About this exercise
Please retype the records below exactly, from the first line down to and including the line with "raised : Failure → Outcome A".

Records contained in a dataset:
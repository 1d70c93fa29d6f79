-- ===== src/Transcription/Retries.antt =====
-- The retries of transcription/util.py. What the world does between the steps is an argument: the
-- tests of the cancellation and of the clock, and the outcome of each call of yt-dlp.
pub mod Attempts
mod Tests
use textify.Prelude.{
  ℕ, zero, suc, ◌+◌, Bool, true, false, ◌||◌, ◌&&◌, ltb, leb, if◌then◌else◌, Option, none, some,
  not, [], ◌∷◌,
}
use textify.Texts.{Text, codes, same_text, is_one_of}

pub data Failure : Type 0 where
  download_cancelled timeout_error media_byte_limit provider_error assertion : Failure

pub data Outcome {ℓ} (A : Type ℓ) : Type ℓ where
  done : A → Outcome A
  raised : Failure → Outcome A

-- `raise_if_cancelled_or_expired`: the event, and the reading of the monotonic clock
unfoldable pub raise_if_cancelled_or_expired {ℓ} :
    {A : Type ℓ} → Bool → ℕ → ℕ → Outcome A → Outcome A
raise_if_cancelled_or_expired cancelled now deadline rest =
    if cancelled
    then raised download_cancelled
    else if leb deadline now
    then raised timeout_error
    else rest

-- What happens in one round.
pub record Attempt {ℓ} (A : Type ℓ) : Type ℓ where
  pub cancelled_before : Bool
  pub now_before : ℕ
  pub outcome : Outcome A
  pub cancelled_after : Bool
  pub now_after : ℕ

abbrev pub max_attempts : ℕ
max_attempts = 10

unfoldable pub is_cancellation : Failure → Bool
is_cancellation download_cancelled = true
is_cancellation media_byte_limit = true
is_cancellation _ = false

-- One round, by the number of rounds that may follow; `MediaByteLimitExceeded` is a
-- `DownloadCancelled`.
unfoldable pub settle_attempt {ℓ} :
    {A : Type ℓ} → ℕ → ℕ → Attempt A → Outcome A → Outcome A → Outcome A
unfolding raise_if_cancelled_or_expired is_cancellation
settle_attempt later deadline a (done r) retry =
    raise_if_cancelled_or_expired a.cancelled_after a.now_after deadline (done r)
settle_attempt zero deadline a (raised f) retry =
    if is_cancellation f
    then raised f
    else raise_if_cancelled_or_expired a.cancelled_after a.now_after deadline (raised f)
settle_attempt (suc later) deadline a (raised f) retry =
    if is_cancellation f then raised f else retry

-- The loop, from the round `i`.
unfoldable pub attempt_from {ℓ} : {A : Type ℓ} → ℕ → ℕ → (ℕ → Attempt A) → ℕ → Outcome A
unfolding raise_if_cancelled_or_expired settle_attempt
attempt_from zero deadline world i = raised assertion
attempt_from (suc later) deadline world i =
    let retry = attempt_from later deadline world (i + 1) in
    raise_if_cancelled_or_expired (world i).cancelled_before (world i).now_before deadline
      (settle_attempt later deadline (world i) (world i).outcome retry)

unfoldable pub extract_info_with_retries {ℓ} : {A : Type ℓ} → ℕ → (ℕ → Attempt A) → Outcome A
unfolding attempt_from
extract_info_with_retries deadline world = attempt_from max_attempts deadline world 0

-- `status.get(field)` as an int that is no bool.
abbrev pub ByteCount : Type 0
ByteCount = Option ℕ

unfoldable pub exceeds : ℕ → ByteCount → Bool
exceeds max none = false
exceeds max (some n) = ltb max n

-- `_check_progress` of `build_yt_dlp_progress_hook`
unfoldable pub check_progress : Bool → ℕ → ℕ → ℕ → Text → ByteCount → ByteCount → Outcome (Unit {0})
unfolding raise_if_cancelled_or_expired exceeds is_one_of
check_progress cancelled now deadline max status downloaded total =
    raise_if_cancelled_or_expired cancelled now deadline (
      if not (is_one_of (codes "downloading" ∷ codes "finished" ∷ []) status)
      then done tt
      else if exceeds max downloaded || exceeds max total
      then raised media_byte_limit
      else done tt)
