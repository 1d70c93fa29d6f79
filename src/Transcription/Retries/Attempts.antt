-- ===== src/Transcription/Retries/Attempts.antt =====
-- Which attempt the retries answer with.
use textify.Prelude.{
  ℕ, zero, suc, ◌+◌, Bool, true, false, ◌&&◌, not, ◌≡◌, refl, ◌⊎◌, ◌↔◌, inl, inr, leb, arith,
}
use textify.Transcription.Retries.{
  provider_error, Outcome, done, raised, Attempt, is_cancellation, raise_if_cancelled_or_expired,
  settle_attempt, attempt_from, extract_info_with_retries, max_attempts,
}

unfoldable pub clear : Bool → ℕ → ℕ → Bool
clear cancelled now deadline = not cancelled && not (leb deadline now)

unfoldable pub retryable {ℓ} : {A : Type ℓ} → Outcome A → Bool
retryable (done r) = false
retryable (raised f) = not (is_cancellation f)

module _ {A : Type 0} (deadline : ℕ) (world : ℕ → Attempt A) where
  abbrev pub begins : ℕ → Bool
  begins i = clear (world i).cancelled_before (world i).now_before deadline

  -- Within `n` rounds from the round `i`, some round succeeds with `r` and in time, and the rounds
  -- before it fail in a way that is tried again.
  abbrev pub Succeeds : ℕ → ℕ → A → Type 0
  Succeeds zero i r = ⊥
  Succeeds (suc n) i r =
      ((begins i ≡ true)
        × ((world i).outcome ≡ done r)
        × (clear (world i).cancelled_after (world i).now_after deadline ≡ true))
      ⊎ ((begins i ≡ true) × (retryable (world i).outcome ≡ true) × Succeeds n (i + 1) r)

  -- All of `n` rounds begin in time and fail in a way that is tried again.
  abbrev pub Exhausts : ℕ → ℕ → Type 0
  Exhausts zero i = Unit
  Exhausts (suc n) i = (begins i ≡ true) × (retryable (world i).outcome ≡ true) × Exhausts n (i + 1)

  step : ℕ → ℕ → Outcome A → Outcome A
  step n i o =
      raise_if_cancelled_or_expired (world i).cancelled_before (world i).now_before deadline
        (settle_attempt n deadline (world i) o (attempt_from n deadline world (i + 1)))

  succeeded_zero :
      (i : ℕ) (r : A) (o : Outcome A)
      → (world i).outcome ≡ o
      → step zero i o ≡ done r
      → Succeeds 1 i r
  unfolding step raise_if_cancelled_or_expired settle_attempt clear attempt_from
  succeeded_zero i r (done a) e h = inl (ground arith, ground arith, ground arith)
  succeeded_zero i r (raised f) e h = absurd (ground arith)

  succeeded_suc :
      (n i : ℕ) (r : A) (o : Outcome A)
      → (world i).outcome ≡ o
      → step (suc n) i o ≡ done r
      → (attempt_from (suc n) deadline world (i + 1) ≡ done r → Succeeds (suc n) (i + 1) r)
      → Succeeds (suc (suc n)) i r
  unfolding step raise_if_cancelled_or_expired settle_attempt clear retryable
  succeeded_suc n i r (done a) e h k = inl (ground arith, ground arith, ground arith)
  succeeded_suc n i r (raised f) e h k = inr (ground arith, rw e (ground arith), k (ground arith))

  succeeded : (n i : ℕ) (r : A) → attempt_from n deadline world i ≡ done r → Succeeds n i r
  unfolding attempt_from step
  succeeded zero i r h = cc h
  succeeded (suc zero) i r h = succeeded_zero i r (world i).outcome refl h
  succeeded (suc (suc n)) i r h =
      succeeded_suc n i r (world i).outcome refl h (succeeded (suc n) (i + 1) r)

  succeeds_later :
      (n i : ℕ) (r : A) (o : Outcome A)
      → (world i).outcome ≡ o
      → begins i ≡ true
      → retryable o ≡ true
      → attempt_from (suc n) deadline world (i + 1) ≡ done r
      → step (suc n) i o ≡ done r
  unfolding step raise_if_cancelled_or_expired settle_attempt clear retryable
  succeeds_later n i r (done a) e b h k = cc h
  succeeds_later n i r (raised f) e b h k = ground arith

  succeeds_now :
      (n i : ℕ) (r : A)
      → begins i ≡ true
      → (world i).outcome ≡ done r
      → clear (world i).cancelled_after (world i).now_after deadline ≡ true
      → step n i (world i).outcome ≡ done r
  unfolding step raise_if_cancelled_or_expired settle_attempt clear
  succeeds_now n i r b e c = rw (e, step) (ground arith)

  succeeds : (n i : ℕ) (r : A) → Succeeds n i r → attempt_from n deadline world i ≡ done r
  unfolding attempt_from step
  succeeds zero i r h = elim h [ ]
  succeeds (suc n) i r (inl (b, e, c)) = succeeds_now n i r b e c
  succeeds (suc zero) i r (inr (b, e, s)) = elim s [ ]
  succeeds (suc (suc n)) i r (inr (b, e, s)) =
      succeeds_later n i r (world i).outcome refl b e (succeeds (suc n) (i + 1) r s)

  exhausted_zero :
      (i : ℕ) (o : Outcome A)
      → (world i).outcome ≡ o
      → step zero i o ≡ raised provider_error
      → Exhausts 1 i
  unfolding step raise_if_cancelled_or_expired settle_attempt clear retryable
  exhausted_zero i (done a) e h = absurd (ground arith)
  exhausted_zero i (raised f) e h = (ground arith, rw e (ground arith), tt)

  exhausted_suc :
      (n i : ℕ) (o : Outcome A)
      → (world i).outcome ≡ o
      → step (suc n) i o ≡ raised provider_error
      → (attempt_from (suc n) deadline world (i + 1) ≡ raised provider_error
          → Exhausts (suc n) (i + 1))
      → Exhausts (suc (suc n)) i
  unfolding step raise_if_cancelled_or_expired settle_attempt clear retryable is_cancellation
  exhausted_suc n i (done a) e h k = absurd (ground arith)
  exhausted_suc n i (raised f) e h k = (ground arith, rw e (ground arith), k (ground arith))

  exhausted : (n i : ℕ) → attempt_from n deadline world i ≡ raised provider_error → Exhausts n i
  unfolding attempt_from step
  exhausted zero i h = tt
  exhausted (suc zero) i h = exhausted_zero i (world i).outcome refl h
  exhausted (suc (suc n)) i h =
      exhausted_suc n i (world i).outcome refl h (exhausted (suc n) (i + 1))

  -- The retries return `r` exactly when one of the first ten attempts succeeds with `r`, the attempts
  -- before it fail in a way that is tried again, and each test of the cancellation and the deadline
  -- on the way finds neither; and the provider's error is raised only after ten such failures.
  pub extract_info_with_retries-Succeeds :
      (r : A)
      → ((extract_info_with_retries deadline world ≡ done r) ↔ Succeeds max_attempts 0 r)
        × (extract_info_with_retries deadline world ≡ raised provider_error
            → Exhausts max_attempts 0)
  unfolding extract_info_with_retries
  extract_info_with_retries-Succeeds r =
      ((succeeded max_attempts 0 r, succeeds max_attempts 0 r), exhausted max_attempts 0)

Solution for this problem
repository 1d70c93fa29d6f79
-- ===== src/Transcription/Retries.antt =====
-- The retries of transcription/util.py. What the world does between the steps is an argument: the
-- tests of the cancellation and of the clock, and the outcome of each call of yt-dlp.
pub mod Attempts
mod Tests
use textify.Prelude.{
  ℕ, zero, suc, ◌+◌, Bool, true, false, ◌||◌, ◌&&◌, ltb, leb, if◌then◌else◌, Option, none, some,
  not, [], ◌∷◌,
}
use textify.Texts.{Text, codes, same_text, is_one_of}

pub data Failure : Type 0 where
  download_cancelled timeout_error media_byte_limit provider_error assertion : Failure

pub data Outcome {ℓ} (A : Type ℓ) : Type ℓ where
  done : A → Outcome A
  raised : Failure → Outcome A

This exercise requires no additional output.